(Saved entries)
* * *

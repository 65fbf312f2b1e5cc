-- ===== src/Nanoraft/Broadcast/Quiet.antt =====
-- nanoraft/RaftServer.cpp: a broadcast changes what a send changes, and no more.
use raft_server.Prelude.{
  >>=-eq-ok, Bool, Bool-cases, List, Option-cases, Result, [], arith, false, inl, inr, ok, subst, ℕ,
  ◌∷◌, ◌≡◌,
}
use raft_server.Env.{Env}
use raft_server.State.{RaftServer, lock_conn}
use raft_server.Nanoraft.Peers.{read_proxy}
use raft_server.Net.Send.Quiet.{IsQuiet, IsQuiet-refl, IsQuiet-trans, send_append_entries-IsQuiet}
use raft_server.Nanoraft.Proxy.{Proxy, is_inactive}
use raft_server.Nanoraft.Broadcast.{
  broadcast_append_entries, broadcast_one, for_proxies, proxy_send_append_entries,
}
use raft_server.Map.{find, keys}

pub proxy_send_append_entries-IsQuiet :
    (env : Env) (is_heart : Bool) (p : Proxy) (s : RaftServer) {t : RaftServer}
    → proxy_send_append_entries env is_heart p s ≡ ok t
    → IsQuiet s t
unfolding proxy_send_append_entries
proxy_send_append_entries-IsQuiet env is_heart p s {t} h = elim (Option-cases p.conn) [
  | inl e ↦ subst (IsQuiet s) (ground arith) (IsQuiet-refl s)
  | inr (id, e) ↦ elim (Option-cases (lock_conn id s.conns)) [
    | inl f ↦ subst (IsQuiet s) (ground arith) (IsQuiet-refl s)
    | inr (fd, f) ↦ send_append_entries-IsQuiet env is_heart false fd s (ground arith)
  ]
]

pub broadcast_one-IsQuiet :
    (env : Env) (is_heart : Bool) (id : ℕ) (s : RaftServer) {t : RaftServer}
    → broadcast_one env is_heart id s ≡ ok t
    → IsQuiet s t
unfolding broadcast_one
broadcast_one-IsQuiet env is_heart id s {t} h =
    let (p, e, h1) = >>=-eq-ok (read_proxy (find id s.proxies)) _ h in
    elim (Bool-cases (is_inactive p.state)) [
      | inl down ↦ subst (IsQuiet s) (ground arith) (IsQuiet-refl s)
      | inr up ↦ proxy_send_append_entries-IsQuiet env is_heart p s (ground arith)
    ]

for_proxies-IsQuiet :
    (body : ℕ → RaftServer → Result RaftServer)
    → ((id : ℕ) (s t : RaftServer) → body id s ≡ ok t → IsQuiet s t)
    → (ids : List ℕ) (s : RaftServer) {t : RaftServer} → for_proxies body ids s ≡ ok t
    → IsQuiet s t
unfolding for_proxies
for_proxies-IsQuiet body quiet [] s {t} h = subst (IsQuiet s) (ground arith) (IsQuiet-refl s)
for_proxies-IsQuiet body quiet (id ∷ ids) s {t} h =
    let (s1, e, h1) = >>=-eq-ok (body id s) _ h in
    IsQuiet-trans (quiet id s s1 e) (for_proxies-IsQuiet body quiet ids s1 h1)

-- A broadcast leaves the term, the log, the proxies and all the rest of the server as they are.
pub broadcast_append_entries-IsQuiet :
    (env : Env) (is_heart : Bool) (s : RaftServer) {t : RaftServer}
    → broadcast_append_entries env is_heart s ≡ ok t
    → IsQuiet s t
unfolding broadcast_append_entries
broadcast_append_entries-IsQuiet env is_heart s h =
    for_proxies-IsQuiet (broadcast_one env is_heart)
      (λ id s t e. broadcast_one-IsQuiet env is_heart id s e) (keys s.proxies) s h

* * *

The answer should consist of all lines from the records above that hold the word "Result".

  >>=-eq-ok, Bool, Bool-cases, List, Option-cases, Result, [], arith, false, inl, inr, ok, subst, ℕ,
    (body : ℕ → RaftServer → Result RaftServer)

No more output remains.